FLETCHER’S CLAIMS SUPPORTED

Professor Chittenden first made certain, by experiments which precluded any chance of error, that Horace Fletcher’s claims were justified so far as Horace Fletcher himself was concerned. But this, of course, by no means solved the problem. Mr. Fletcher might simply be a physiological curiosity—a digestive freak—of whom there are many known cases. He lived and thrived on an amount of proteid food startlingly less than was deemed necessary by all existing standards, but this could not be taken as proof that people in general could do likewise. Only an exhaustive series of tests on a large number of people of varying ages and conditions of life could prove this. Professor Chittenden resolved to make these tests.

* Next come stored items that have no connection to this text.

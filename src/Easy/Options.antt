-- ===== src/Easy/Options.antt =====
-- The `opts` hash of a Curl::Easy: the entries that the C code of ext/curb_easy.c and ext/curb_multi.c
-- reads, and ruby_curl_upload of ext/curb_upload.h. A missing entry and Qnil are `none`.
use curb.Base.{ℕ, Option, none, List, Bytes}
use curb.Base.Int.{ℤ}
use curb.Ruby.{Value}

-- ruby_curl_upload of ext/curb_upload.h: only the hash of one easy refers to it.
pub record Upload : Type 0 where
  pub stream : Value
  pub offset : ℕ

-- The headers to send, by the kind of object that holds them: a Hash with its pairs in order, an Array
-- or a String.
pub data Headers : Type 0 where
  no_headers : Headers
  header_hash : List (Bytes × Value) → Headers
  header_array : List Value → Headers
  header_string : Bytes → Headers

-- A list that is set as an Array or as one object.
pub data Listing : Type 0 where
  no_list : Listing
  listed : List Value → Listing
  single : Value → Listing

-- rbce->opts, by key.
pub record Opts : Type 0 where
  pub url : Option Bytes
  pub doh_url : Option Bytes
  pub dns_servers : Option Bytes
  pub allowed_hosts : Option (List Bytes)
  pub allowed_cidrs : Option (List Bytes)
  pub interface_hm : Option Bytes
  pub username : Option Bytes
  pub password : Option Bytes
  pub userpwd : Option Bytes
  pub proxy_url : Option Bytes
  pub proxypwd : Option Bytes
  pub noproxy : Option Bytes
  pub body_data : Option Bytes
  pub header_data : Option Bytes
  pub body_proc : Option ℕ
  pub header_proc : Option ℕ
  pub progress_proc : Option ℕ
  pub debug_proc : Option ℕ
  pub complete_proc : Option ℕ
  pub success_proc : Option ℕ
  pub failure_proc : Option ℕ
  pub redirect_proc : Option ℕ
  pub missing_proc : Option ℕ
  pub upload : Option Upload
  pub max_body_bytes : Option ℤ
  pub postdata_buffer : Option Bytes
  pub encoding : Option Bytes
  pub cookiejar : Option Bytes
  pub cookiefile : Option Bytes
  pub cookies : Option Bytes
  pub cert : Option Bytes
  pub certtype : Option Bytes
  pub certpassword : Option Bytes
  pub cert_key : Option Bytes
  pub cacert : Option Bytes
  pub useragent : Option Bytes
  pub headers : Headers
  pub proxy_headers : Headers
  pub ftp_commands : Listing
  pub resolve : Listing
  pub connect_to : Listing

abbrev pub no_opts : Opts
no_opts = record {
  url = none;
  doh_url = none;
  dns_servers = none;
  allowed_hosts = none;
  allowed_cidrs = none;
  interface_hm = none;
  username = none;
  password = none;
  userpwd = none;
  proxy_url = none;
  proxypwd = none;
  noproxy = none;
  body_data = none;
  header_data = none;
  body_proc = none;
  header_proc = none;
  progress_proc = none;
  debug_proc = none;
  complete_proc = none;
  success_proc = none;
  failure_proc = none;
  redirect_proc = none;
  missing_proc = none;
  upload = none;
  max_body_bytes = none;
  postdata_buffer = none;
  encoding = none;
  cookiejar = none;
  cookiefile = none;
  cookies = none;
  cert = none;
  certtype = none;
  certpassword = none;
  cert_key = none;
  cacert = none;
  useragent = none;
  headers = no_headers;
  proxy_headers = no_headers;
  ftp_commands = no_list;
  resolve = no_list;
  connect_to = no_list;
}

At the very outset, however, he faced this difficulty. If Mr. Fletcher’s was merely a freak case, there would be a grave danger in putting other men upon his dietary. Mr. Fletcher was flourishing on a daily consumption of proteid foodstuffs amounting to an average of only 45 grams, and the fat, sugar and starch consumed by him were in quantities only sufficient to bring the total food value of the daily food up to a little more than 1600 “calories,” or units of fuel energy. The Voit standard—which is the typical one, the one most commonly accepted, and which is based upon thousands of studies of what men and women actually eat—demands that the average man shall eat at least 118 grams of proteid, with a total fuel value of 3000 large “calories” for the daily ration.

To make clear to the non-scientific reader just what quantity of foodstuffs is represented by 50 grams of proteid, which is 5 grams more than that consumed daily by Mr. Fletcher in his tests, and is approximately the amount consumed daily by other men in the Yale experiments, it may be said that 50 grams is about equal to 772 grains, which are equal to about 1¾ ounces. This quantity would be represented by the proteid contents of 9½ ounces of lean meat, or 7 eggs, or 27 ounces of white bread. Nine and one-half ounces of meat (using comparisons furnished by Dr. Edward Curtis) is about the weight of a slice measuring 7 by 3 inches and cut ¼ of an inch thick. Twenty-seven ounces of bread represent somewhat less than two loaves, the standard loaf weighing one pound (16 ounces). Of course, few people ever eat 7 eggs, or 2 loaves of bread in a day; but the vast majority of people in America do eat a great deal more proteid than would be represented by 7 eggs, or 2 loaves of bread or a slice of meat of the size named, since proteid is found in a great number of other foodstuffs besides those mentioned.